Moderately screwed up. Hand me that ratchet, Nurse.
April 2, 2007 12:28 PM Subscribe
Therapy or bootstraps? I have no friends beyond immediate family and online acquaintances. I can't clean house or do my home-based job because I get distracted -- by surfing the Net, even though it gets boring and I get less and less pleasure from it, by eating, by walking around the house, or by doing anything but the productive work I know I need to do to be happy. I have a very difficult time even reading a complete book, and I have always been an avid reader. And I have almost completely starved the creative part of myself. I have almost nothing to show for my life over the past twenty years.
I'm seeing my family doctor this week to get a referral, but I have tried psychotherapy once as a teen, once in university, and once in my thirties over many of the same issues, and found that typical talk therapist could either be out-smarted or else they were dispensing cookie cutter advice.

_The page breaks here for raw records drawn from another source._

-- ===== src/Service/Tests.antt =====
-- The service on one task and on two reconfigurations.
use agentic_ai_tee.Base.{
  ℕ, ◌≡◌, refl, false, none, some, [], pos, Text, codes, end, field, int, str, dict,
}
use agentic_ai_tee.Agent.Controller.Tests.{Ledger, fresh}
use agentic_ai_tee.Agent.Models.{TaskRequest}
use agentic_ai_tee.Agent.LlmClient.Providers.{mock_client}
use agentic_ai_tee.Memory.StateDb.{new_db}
use agentic_ai_tee.Vsock.Protocol.{MessageFrame}
use agentic_ai_tee.Service.State.{Config, State}
use agentic_ai_tee.Service.Tasks.{Outside, Times}
use agentic_ai_tee.Service.Reconfigure.{Choice, chosen_config}

abbrev outside : Outside
outside = record {
  usd_of = λ v. some 2000;
  ms_of = λ v. some 300_000;
  usd = λ n. int (pos n);
  seconds = λ n. int (pos n);
  dumps = λ d. codes "{}";
  document_pcrs = λ d. end;
  sign = λ t. codes "5167";
  unreadable = codes "unreadable";
}

abbrev times : Times
times = record { created = 10; completed = 20; recorded = λ s. 21; elapsed = 10 }

abbrev config : Config
config = record {
  llm_provider = codes "mock";
  llm_model = codes "mock";
  llm_base_url = [];
  llm_api_key = [];
  openai_api_key = [];
  google_api_key = [];
  openrouter_api_key = [];
  groq_api_key = [];
  ollama_base_url = codes "http://localhost:11434";
  default_max_steps = 50;
  default_timeout = 300_000;
  default_budget = 5_000_000;
  domain_allowlist_str = [];
  use_vsock = false;
}

abbrev started : State Ledger ℕ
started = record {
  config = config;
  db = new_db;
  client = mock_client;
  events = [];
  llm_state = fresh;
  world = 0;
}

abbrev sort_request : Text → MessageFrame
sort_request description = record {
  msg_type = str (codes "task_request");
  payload = dict (
      field (codes "task_id") (str (codes "a"))
        (field (codes "description") (str description) end));
  request_id = str (codes "r1");
}

abbrev sort_task : TaskRequest
sort_task = record {
  description = codes "Sort.";
  task_id = codes "a";
  user_id = codes "anonymous";
  budget_usd = 5_000_000;
  max_steps = 50;
  timeout_ms = 300_000;
  tool_allowlist = none;
  domain_allowlist = none;
}

abbrev prompt : TaskRequest → Text
prompt task = codes "Be brief."

abbrev reconfigure : Text → MessageFrame
reconfigure provider = record {
  msg_type = str (codes "reconfigure");
  payload = dict (field (codes "provider") (str provider) end);
  request_id = str (codes "r2");
}

abbrev unknown : Choice
unknown = record { provider = codes "nope"; model = codes "mock"; api_key = []; base_url = [] }

-- The status names a provider that was refused.
refused_provider : (chosen_config unknown config).llm_provider ≡ codes "nope"
unfolding chosen_config
refused_provider = refl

In my first year at a small alternative high school, I hid from fellow students. If I was walking down the hall and people were approaching, I would duck down a side hall so I wouldn't have to greet them. Somehow things turned around the next year and I developed a circle of friends, and I was reasonably sociable and happy. The same thing happened in during my undergraduate degree, where I had several new friends and was part of two overlapping social circles.
But I grew less and less adept at gaining friends as the years passed. In grad school, I saw two women who never met each other before form a fast and deep friendship. I was part of the larger social circle they were part of, but always felt I was on the periphery.
And after leaving university and getting away from the few comfortable social circles I had held onto for 10 years, I found myself around people I didn't feel comfortable with. I was too old, or too shy, or awkward, and I didn't try to make friends.
But now I'm in my 40s. For the past ten years, I haven't even tried to be sociable. My husband and I hardly go out. Our mutual circle of friends has almost completely melted away and his current friends are people from his job (yes, young and attractive and smart and intimidating, and I feel that I embarrass myself around them).
When people talk about the friends they have from childhood or college, I look back and see friends I used to have that I would be ashamed to meet now. I am even more embarrassed that I don't have friends now. I know this is stupid, but it's my gut reaction.
So -- yeah. Social isolation. Self-esteem issues. Some depression. Difficulty concentrating. Do I give therapy another go, or should I just sit down and try some basic, sensible things like volunteering, taking some classes, etc.? That could help with the social isolation, but I still have issues with concentration and focus that may or may not resolve on their own.
(One thing I very recently realized is that I may need to either "incubate" with a group for a year or more to find my place in it, or else I need to be thrown in the deep end by literally living with people, as I did in university co-op housing for a couple of years or in the 6 weeks of French immersion I took one summer before university. I probably won't move into communal living any time soon, but I may need to find a comfy niche for a year before the specific friends issue gets better.)
posted by rosemere to human relations (19 answers total) 27 users marked this as a favorite
Well, why must you choose one approach? Do all of the things you described:
1. Do therapy, shop around until you find a therapist you respect, be honest with the therapist rather than trying to outsmart him/her. Decide what you want out of therapy, and let the therapist know up front.
2. Fnd a work routine that forces you to leave the house - do some of your work at the public library or a coffeeshop, etc.
3. Join groups like casual sports leagues, knitting night, book club, whatever, so that you have two nights a week worth of activities outside the house. Maybe even, the two of you could do different things and then you'll start building your own friendships outside the relationship.
4. Volunteer, do something that takes you out of the house during the day one day a week and has you meeting other adults in a working capacity.
5. Get the therapist to help you stick to manageable goals about the social stuff, and about the building-a-work-environment that-helps-you-focus stuff.